::: Entries provided

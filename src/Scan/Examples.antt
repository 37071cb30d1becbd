-- ===== src/Scan/Examples.antt =====
-- A scan with the ai-ml profile in which M6 fails, and one with the engines of the program.
use devdiag.Base.{String, ℕ, refl, some, none, Bool, ltb, Option}
use devdiag.Base.Lists.{All}
use devdiag.Base.Number.{ℤ, pos, atoi}
use devdiag.Rules.Host.{GoRuntime}
use devdiag.Rules.Found.{observed}
use devdiag.Rules.Known.{IsKnown}
use devdiag.Scan.Engines.{with_engines, scan-IsKnown}
use devdiag.Base.{List, [], ◌∷◌, true, false, ◌≡◌, ◌⊎◌}
use devdiag.Schema.{Severity, Finding, CollectorResult}
use devdiag.Collectors.{blank_result}
use devdiag.Scan.{
  Evidence, Report, ScanOptions, ScannerDeps, evaluated, engine_error, started, done,
}
use devdiag.Scan.Scanner.{scan}
use devdiag.Scan.Contract.{IsFailed, IsReported, contributed, must_fail, scan_lem}

abbrev finding : Finding
finding = record {
  id = "F-GPU-001";
  title = "";
  severity = Severity.high;
  confidence = 0x3feccccccccccccd;
  layers = [];
  symptom = "no driver";
  evidence = [];
  likely_causes = [];
  fixes = [];
  fix_hints = [];
  redaction_status = "";
}

abbrev deps : ScannerDeps (List CollectorResult)
deps = record {
  signals = record {
    root = "/repo";
    has_docker = false;
    has_podman = false;
    has_ci = true;
    has_python = true;
  };
  results = blank_result "host" ∷ [];
  observed = started "host" ∷ done (blank_result "host") ∷ [];
  build = λ results. results;
  m1 = λ snapshot. evaluated (finding ∷ []);
  m6 = λ snapshot. engine_error "policy does not compile";
  m8 = λ snapshot. evaluated [];
  rule_pack = λ path snapshot. record {
    valid = false;
    errors = [];
    findings = [];
    pack_id = "";
    pack_engine = "";
  };
  redact = λ level text. text;
  run_id = "run";
  version = "dev";
}

abbrev options : ScanOptions
options = record {
  path = ".";
  profile = "ai-ml";
  rule_pack_path = "";
  redact_level = "";
  ci = false;
}

scan_lem_example :
    ((must_fail deps options ≡ true) × IsFailed (scan deps options))
    ⊎ ((must_fail deps options ≡ false) × IsReported (contributed deps options) (scan deps options))
scan_lem_example = scan_lem deps options

-- Numbers without a fraction.
abbrev whole : Option ℤ → ℕ × Bool
whole (some (pos n)) = (n, true)
whole _ = (0, false)

abbrev whole_numbers : GoRuntime
whole_numbers = record {
  Float = ℕ;
  of_nat = λ n. n;
  less = ltb;
  parse_float = λ s. whole (atoi s);
  order = λ m. m;
  order_keys = λ ks. ks;
}

abbrev reported : String → List Evidence → CollectorResult
reported name evidence = record (blank_result name) { evidence = evidence }

abbrev probed : List CollectorResult
probed =
    reported "env" (observed "missing_keys" "API_KEY" ∷ [])
    ∷ reported "port" (observed "host_listen_port_tcp" "8080" ∷ [])
    ∷ reported "compose" (observed "compose_host_port" "127.0.0.1:8080" ∷ [])
    ∷ reported "disk" (observed "host_disk_free_bytes" "1000" ∷ [])
    ∷ reported "gpu" (
        observed "gpu_hardware_detected" "true"
        ∷ observed "cache_pip_path" "/root/.cache"
        ∷ observed "cache_pip_owner_uid" "0"
        ∷ [])
    ∷ reported "ci" (observed "ci_env__workflow__TOKEN" "x" ∷ [])
    ∷ []

abbrev probed_deps : ScannerDeps (List CollectorResult)
probed_deps = record deps { results = probed }

scan-IsKnown_example :
    (r : Report) × ((scan (with_engines whole_numbers probed_deps) options).report ≡ some r)
    × ((scan (with_engines whole_numbers probed_deps) options).error ≡ none)
    × All IsKnown r.findings
scan-IsKnown_example = scan-IsKnown whole_numbers probed_deps options refl
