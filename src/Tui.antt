-- ===== src/Tui.antt =====
-- internal/tui: what the terminal view shows of findings, its filters, its state and how messages
-- change it. How the state is drawn (view.go) is not modelled.
pub mod Derive
pub mod Filters
pub mod Model
pub mod Moves
pub mod Update
pub mod Session
pub mod Visible
pub mod Drained
mod Examples
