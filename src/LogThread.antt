-- ===== src/LogThread.antt =====
-- log_thread.h, log_thread.cpp: the thread that hands each event to every sink. Streams stand on a
-- heap, as the map of streams and the map of retry threads both hold their addresses. A fault is
-- what C++ leaves undefined: a deleted stream, or a null pointer to a retry thread. What the other
-- threads do comes in as arguments: whether std::thread can be started, and the events that are
-- queued meanwhile. The queues of the retry threads are read as they stand at that moment.
pub mod Handed
pub mod Deliver
pub mod History
pub mod Finish
pub mod Teardown
use Prim.Native.Nat.{max}
use epics_logfile.Base.{
  ℕ, Bool, true, false, List, [], ◌∷◌, ◌++◌, Option, none, some, Bytes, codes, length, ◌==◌,
  if◌then◌else◌, map, ◌&&◌,
}
use epics_logfile.Base.Map.{nat_key, find, emplace, erase, assign}
use epics_logfile.Event.{LogEvent, format_time}
use epics_logfile.OutputStream.{StreamClass, OutputStream, write}
use epics_logfile.Retry.{Queue, active, enqueue}

-- A pointer to a retry thread: null, or its queue.
abbrev pub RetryPointer : Type 0
RetryPointer = Option Queue

pub record LogThread (S : Type 0) : Type 0 where
  pub heap : ℕ → Option (OutputStream S)
  pub streams : List (Bytes × ℕ)
  pub events : List LogEvent
  pub do_terminate : Bool
  pub max_event_queue_size : ℕ
  pub retry_map : List (ℕ × RetryPointer)

-- *a = v.
abbrev pub store :
    {S : Type 0}
    → (ℕ → Option (OutputStream S))
    → ℕ
    → Option (OutputStream S)
    → ℕ
    → Option (OutputStream S)
store heap a v b = if a == b then v else heap b

module _ {S : Type 0} where
  -- The constructor: one stream under "stdout", at address `a`.
  unfoldable pub new_thread : ℕ → OutputStream S → LogThread S
  new_thread a stdout = record {
    heap = store (λ b. none) a (some stdout);
    streams = (codes "stdout", a) ∷ [];
    events = [];
    do_terminate = false;
    max_event_queue_size = 0;
    retry_map = [];
  }

  -- log_thread::enqueue.
  unfoldable pub push : LogEvent → LogThread S → LogThread S
  push e t =
      let events = t.events ++ e ∷ [] in
      record t {
        events = events;
        max_event_queue_size = max t.max_event_queue_size (length events);
      }

  -- The part of log_thread::terminate under the mutex.
  unfoldable pub terminate : LogThread S → LogThread S
  terminate t = record t { do_terminate = true }

module _ {S : Type 0} (cls : StreamClass S) (can_start : Bool) where
  -- `if (!j.second->write(_event))` and its body.
  unfoldable pub write_now : LogEvent → ℕ → LogThread S → Option (LogThread S)
  unfolding enqueue
  write_now e a t = elim (t.heap a) [
    | none ↦ none
    | some o ↦
        let (done, o') = write cls e o in
        let t' = record t { heap = store t.heap a (some o') } in
        some (
          if done
          then t'
          else if can_start
          then record t' { retry_map = emplace a (some (enqueue e [])) t'.retry_map }
          else t')
  ]

  -- The body of the loop of log_thread::log, for the stream at `a`.
  unfoldable pub deliver : LogEvent → ℕ → LogThread S → Option (LogThread S)
  unfolding write_now active enqueue
  deliver e a t = elim (find a t.retry_map) [
    | none ↦ write_now e a t
    | some none ↦ write_now e a (record t { retry_map = erase a t.retry_map })
    | some (some q) ↦
        if active q
        then some (record t { retry_map = assign a (some (enqueue e q)) t.retry_map })
        else write_now e a (record t { retry_map = erase a t.retry_map })
  ]

  infixl 5 ◌>>=◌
  abbrev ◌>>=◌ : Option (LogThread S) → (LogThread S → Option (LogThread S)) → Option (LogThread S)
  none >>= f = none
  some t >>= f = f t

  unfoldable pub deliver_all : LogEvent → List ℕ → LogThread S → Option (LogThread S)
  unfolding deliver
  deliver_all e [] t = some t
  deliver_all e (a ∷ rest) t = deliver e a t >>= deliver_all e rest

  -- log_thread::log.
  unfoldable pub log : (ℕ → Bytes) → LogEvent → LogThread S → Option (LogThread S)
  unfolding deliver_all
  log strftime e t =
      deliver_all (record e { time_string = format_time strftime e.time })
        (map (λ s. s.1) t.streams) t

  unfoldable pub log_all : (ℕ → Bytes) → List LogEvent → LogThread S → Option (LogThread S)
  unfolding log
  log_all strftime [] t = some t
  log_all strftime (e ∷ es) t = log strftime e t >>= log_all strftime es

-- The loop over the retry threads when the end is asked for: the map after it, and whether some
-- thread is still active. `i.second->active()` on a null pointer is a fault.
unfoldable pub sweep : List (ℕ × RetryPointer) → Option (List (ℕ × RetryPointer) × Bool)
unfolding active
sweep [] = some ([], false)
sweep ((a, none) ∷ m) = none
sweep ((a, some q) ∷ m) = elim (sweep m) [
  | none ↦ none
  | some (m', still) ↦ some (if active q then ((a, some q) ∷ m', true) else ((a, none) ∷ m', still))
]

-- What one turn of the loop of do_run comes to.
pub data Turn (S : Type 0) : Type 0 where
  fault : Turn S
  finished : LogThread S → Turn S
  again : LogThread S → Turn S

-- What other threads queue while a turn runs: while it hands out events, and while it looks at
-- the retry threads.
pub record Arrivals : Type 0 where
  pub during_log : List LogEvent
  pub during_sweep : List LogEvent

module _ {S : Type 0} where
  unfoldable pub push_all : List LogEvent → LogThread S → LogThread S
  unfolding push
  push_all [] t = t
  push_all (e ∷ es) t = push_all es (push e t)

  -- With the mutex held again: some thread is still active, or events came in, or it is the end.
  unfoldable pub conclude : Bool → List LogEvent → LogThread S → Turn S
  conclude true es t = again t
  conclude false [] t = finished t
  conclude false (e ∷ es) t = again t

  -- The branch of a turn where the end was asked for and no event is waiting.
  unfoldable pub try_finish : List LogEvent → LogThread S → Turn S
  unfolding sweep push_all conclude
  try_finish arrived t = elim (sweep t.retry_map) [
    | none ↦ fault
    | some (m, still_active) ↦
        let t' = push_all arrived (record t { retry_map = m }) in conclude still_active t'.events t'
  ]

  unfoldable pub is_idle : LogThread S → Bool
  is_idle t = elim t.events [ [] ↦ true | e ∷ es ↦ false ]

  -- A turn of the loop of do_run. Its wait for a signal is the end of the turn.
  unfoldable pub turn : StreamClass S → Bool → (ℕ → Bytes) → Arrivals → LogThread S → Turn S
  unfolding log_all try_finish is_idle push_all
  turn cls can_start strftime env t =
      elim (log_all cls can_start strftime t.events (record t { events = [] })) [
        | none ↦ fault
        | some handed ↦
            let t' = push_all env.during_log handed in
            if t'.do_terminate && is_idle t' then try_finish env.during_sweep t' else again t'
      ]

::::::

**Task goal**
Scan the material line by line and report each one that contains "elim".

**Solution to this task**
  write_now e a t = elim (t.heap a) [
  deliver e a t = elim (find a t.retry_map) [
sweep ((a, some q) ∷ m) = elim (sweep m) [
  try_finish arrived t = elim (sweep t.retry_map) [
  is_idle t = elim t.events [ [] ↦ true | e ∷ es ↦ false ]
      elim (log_all cls can_start strftime t.events (record t { events = [] })) [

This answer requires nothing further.